> _Exercise goal_
Among the records below, find the lines with the word "frames" and copy them.

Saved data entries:
[Start of section]
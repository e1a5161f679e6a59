-- ===== src/Pplx/Ask/Followup.antt =====
-- What the next request of a conversation carries.
use perplexity_proxy_go.Prelude.{
  false, ◌≡◌, sym, ap, ◌∙◌, Option, none, some, String, ◌==◌, if◌then◌else◌, arith,
}
use perplexity_proxy_go.Errors.{Failure, Result, ok, err}
use perplexity_proxy_go.Json.{Value, str, at}
use perplexity_proxy_go.Transport.Client.{Client, Host}
use perplexity_proxy_go.Pplx.Sse.{State, start}
use perplexity_proxy_go.Pplx.Conversation.{
  AskOptions, Answer, Conversation, params, build_payload, search_path,
}
use perplexity_proxy_go.Pplx.Ask.{on_line, finish_stream, searched, run_ask, ask_direct}

abbrev pub unless_empty : String → Option Value
unless_empty s = if s == "" then none else some (str s)

pub params-uuid :
    (host : Host) (opt : AskOptions) (c : Conversation)
    → at "last_backend_uuid" (params host opt c) ≡ unless_empty c.backend_uuid
unfolding params
params-uuid host opt c = ground arith

params-token :
    (host : Host) (opt : AskOptions) (c : Conversation)
    → at "read_write_token" (params host opt c)
      ≡ (if c.backend_uuid == "" then none else unless_empty c.read_write_token)
unfolding params
params-token host opt c = ground arith

-- what the stream said, if it said something, else what was there before
abbrev pub newer : String → String → String
newer said before = if said == "" then before else said

-- what an answered ask makes of the identity of the thread, with the state at the end of the stream
abbrev IsAdopted : State → Conversation → Result Answer × Conversation → Type 0
IsAdopted s c (r, c') =
    (c'.backend_uuid ≡ newer s.backend_uuid c.backend_uuid)
    × (c'.read_write_token ≡ newer s.read_write_token c.read_write_token)

finish_stream-IsAdopted :
    (r : State × Option Failure) (c : Conversation) (a : Answer)
    → (finish_stream r c).0 ≡ ok a
    → IsAdopted r.0 c (finish_stream r c)
unfolding finish_stream
finish_stream-IsAdopted (s, some f) c a h = absurd cc
finish_stream-IsAdopted (s, none) c a h = ground arith

searched-IsAdopted :
    {W : Type 0} (host : Host) (client : Client W) (r : Result (Unit {0}) × W)
    (post : W → (State × Option Failure) × W) (c : Conversation) (a : Answer)
    → (searched host client r post c).1 ≡ ok a
    → IsAdopted (post r.1).0.0 c (ok a, (searched host client r post c).2)
searched-IsAdopted host client (err f, w) post c a h = absurd cc
searched-IsAdopted host client (ok _, w) post c a h = finish_stream-IsAdopted (post w).0 c a h

module _ {W : Type 0} (host : Host) (client : Client W) where
  -- the state at the end of the stream of an ask, after the search
  abbrev pub stream_state : String → AskOptions → Conversation → W → State
  stream_state query opt c w =
      let (r, w') =
        client.post_sse State (on_line host.codec) c.sp.endpoints.ask
          (build_payload host query opt c) (start false)
          (client.get (search_path host query c) w).1 in
      r.0

  -- After an answer, the next request of the conversation names in last_backend_uuid the thread that
  -- the frames of the answer's stream named, or the one of before if they named none; it names none
  -- only if there is neither. It sends a token only together with a thread: the one of the frames, or
  -- that of before.
  pub ask_direct-followup :
      (query : String) (opt next : AskOptions) (c c' : Conversation) (w w' : W) (a : Answer)
      → ask_direct host client query opt c w ≡ (ok a, c', w')
      → (at "last_backend_uuid" (params host next c')
          ≡ unless_empty (newer (stream_state query opt c w).backend_uuid c.backend_uuid))
        × (at "read_write_token" (params host next c') ≡ (
            if newer (stream_state query opt c w).backend_uuid c.backend_uuid == ""
            then none
            else unless_empty
                (newer (stream_state query opt c w).read_write_token c.read_write_token)))
  unfolding ask_direct run_ask
  ask_direct-followup query opt next c c' w w' a h =
      let (uuid, token) = searched-IsAdopted host client _ _ c a (ap (λ r. r.0) h) in
      let same = ap (λ r. r.1) (sym h) in
      let to_uuid = ap (λ v. v.backend_uuid) same ∙ uuid in
      let to_token = ap (λ v. v.read_write_token) same ∙ token in
      (
        params-uuid host next c' ∙ ap unless_empty to_uuid,
        params-token host next c'
            ∙ ap (λ u. if u == "" then none else unless_empty c'.read_write_token) to_uuid
            ∙ ap
                (λ k.
                  if newer (stream_state query opt c w).backend_uuid c.backend_uuid == ""
                  then none
                  else unless_empty k)
                to_token,
      )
[End of section]
> _Your response_
  -- the frames of the answer's stream named, or the one of before if they named none; it names none
  -- only if there is neither. It sends a token only together with a thread: the one of the frames, or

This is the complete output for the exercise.